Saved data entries
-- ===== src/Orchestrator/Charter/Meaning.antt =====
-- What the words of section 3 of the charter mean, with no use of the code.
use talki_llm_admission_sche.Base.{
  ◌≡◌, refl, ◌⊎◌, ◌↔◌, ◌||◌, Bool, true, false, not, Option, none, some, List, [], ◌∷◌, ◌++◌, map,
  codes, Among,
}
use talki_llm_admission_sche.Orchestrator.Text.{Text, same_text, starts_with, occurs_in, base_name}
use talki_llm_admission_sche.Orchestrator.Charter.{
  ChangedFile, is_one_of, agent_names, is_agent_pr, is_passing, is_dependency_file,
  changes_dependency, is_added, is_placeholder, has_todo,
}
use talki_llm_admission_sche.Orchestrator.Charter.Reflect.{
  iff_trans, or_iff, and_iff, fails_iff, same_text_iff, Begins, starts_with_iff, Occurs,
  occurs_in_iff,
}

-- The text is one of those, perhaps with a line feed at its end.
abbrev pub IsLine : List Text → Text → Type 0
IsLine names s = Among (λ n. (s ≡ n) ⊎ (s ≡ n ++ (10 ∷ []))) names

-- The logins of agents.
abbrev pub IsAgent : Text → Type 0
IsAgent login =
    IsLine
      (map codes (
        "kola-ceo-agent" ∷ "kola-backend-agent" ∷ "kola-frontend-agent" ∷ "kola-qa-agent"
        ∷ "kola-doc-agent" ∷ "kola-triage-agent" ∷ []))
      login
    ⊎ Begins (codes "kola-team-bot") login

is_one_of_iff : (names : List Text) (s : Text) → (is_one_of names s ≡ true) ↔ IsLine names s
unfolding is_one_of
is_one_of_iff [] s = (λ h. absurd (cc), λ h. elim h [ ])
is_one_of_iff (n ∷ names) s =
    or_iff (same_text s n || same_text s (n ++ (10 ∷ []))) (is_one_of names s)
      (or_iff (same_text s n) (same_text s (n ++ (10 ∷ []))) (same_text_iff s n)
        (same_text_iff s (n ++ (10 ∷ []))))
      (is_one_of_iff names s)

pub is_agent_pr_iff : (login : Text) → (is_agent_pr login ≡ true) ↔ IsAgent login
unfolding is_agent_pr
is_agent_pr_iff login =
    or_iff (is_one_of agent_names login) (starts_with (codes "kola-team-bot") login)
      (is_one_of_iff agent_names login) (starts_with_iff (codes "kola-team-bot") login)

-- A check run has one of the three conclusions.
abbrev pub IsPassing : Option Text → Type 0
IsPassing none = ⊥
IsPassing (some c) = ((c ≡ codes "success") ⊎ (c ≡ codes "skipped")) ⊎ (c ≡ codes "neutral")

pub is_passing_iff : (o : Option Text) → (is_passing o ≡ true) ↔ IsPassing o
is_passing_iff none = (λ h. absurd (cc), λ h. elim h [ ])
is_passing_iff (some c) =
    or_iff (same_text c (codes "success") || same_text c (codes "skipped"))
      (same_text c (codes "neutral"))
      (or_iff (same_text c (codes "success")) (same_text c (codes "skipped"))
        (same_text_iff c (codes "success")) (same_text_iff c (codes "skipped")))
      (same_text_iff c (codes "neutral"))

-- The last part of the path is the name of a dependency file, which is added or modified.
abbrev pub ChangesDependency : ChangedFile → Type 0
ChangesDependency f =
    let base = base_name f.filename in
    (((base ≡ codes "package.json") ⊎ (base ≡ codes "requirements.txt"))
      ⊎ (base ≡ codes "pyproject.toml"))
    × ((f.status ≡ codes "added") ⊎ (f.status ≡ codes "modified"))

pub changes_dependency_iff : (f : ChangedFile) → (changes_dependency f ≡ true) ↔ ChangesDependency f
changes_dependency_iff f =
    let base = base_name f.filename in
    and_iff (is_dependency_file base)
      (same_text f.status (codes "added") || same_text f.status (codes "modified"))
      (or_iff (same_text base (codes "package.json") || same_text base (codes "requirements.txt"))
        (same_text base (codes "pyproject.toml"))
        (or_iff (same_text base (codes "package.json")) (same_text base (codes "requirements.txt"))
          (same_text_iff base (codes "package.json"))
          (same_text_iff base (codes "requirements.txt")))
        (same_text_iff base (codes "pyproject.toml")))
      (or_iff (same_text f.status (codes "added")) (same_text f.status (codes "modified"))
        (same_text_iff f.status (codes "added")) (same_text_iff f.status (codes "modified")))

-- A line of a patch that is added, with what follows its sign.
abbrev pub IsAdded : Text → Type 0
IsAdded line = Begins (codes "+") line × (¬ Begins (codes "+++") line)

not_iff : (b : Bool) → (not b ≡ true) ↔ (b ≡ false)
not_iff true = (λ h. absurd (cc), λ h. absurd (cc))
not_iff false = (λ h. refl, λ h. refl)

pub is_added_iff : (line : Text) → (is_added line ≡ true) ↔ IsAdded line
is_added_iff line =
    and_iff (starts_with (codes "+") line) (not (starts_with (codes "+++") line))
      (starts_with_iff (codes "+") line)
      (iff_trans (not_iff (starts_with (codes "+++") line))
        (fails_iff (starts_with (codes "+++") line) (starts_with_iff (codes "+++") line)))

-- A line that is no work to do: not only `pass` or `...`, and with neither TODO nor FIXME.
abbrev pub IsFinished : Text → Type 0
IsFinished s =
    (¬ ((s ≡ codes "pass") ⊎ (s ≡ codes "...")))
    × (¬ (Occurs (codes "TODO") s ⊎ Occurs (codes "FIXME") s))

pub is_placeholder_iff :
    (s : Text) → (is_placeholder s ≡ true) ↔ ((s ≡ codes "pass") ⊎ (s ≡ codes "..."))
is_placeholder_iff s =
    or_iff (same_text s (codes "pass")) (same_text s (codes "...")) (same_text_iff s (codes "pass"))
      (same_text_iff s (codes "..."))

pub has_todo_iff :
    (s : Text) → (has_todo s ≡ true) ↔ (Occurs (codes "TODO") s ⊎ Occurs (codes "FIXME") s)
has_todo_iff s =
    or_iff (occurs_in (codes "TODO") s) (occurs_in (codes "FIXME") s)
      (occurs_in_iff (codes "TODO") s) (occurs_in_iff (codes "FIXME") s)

→ Problem description:
Find the lines above that include the string "unfolding" and copy them.

→ Written answer:
unfolding is_one_of
unfolding is_agent_pr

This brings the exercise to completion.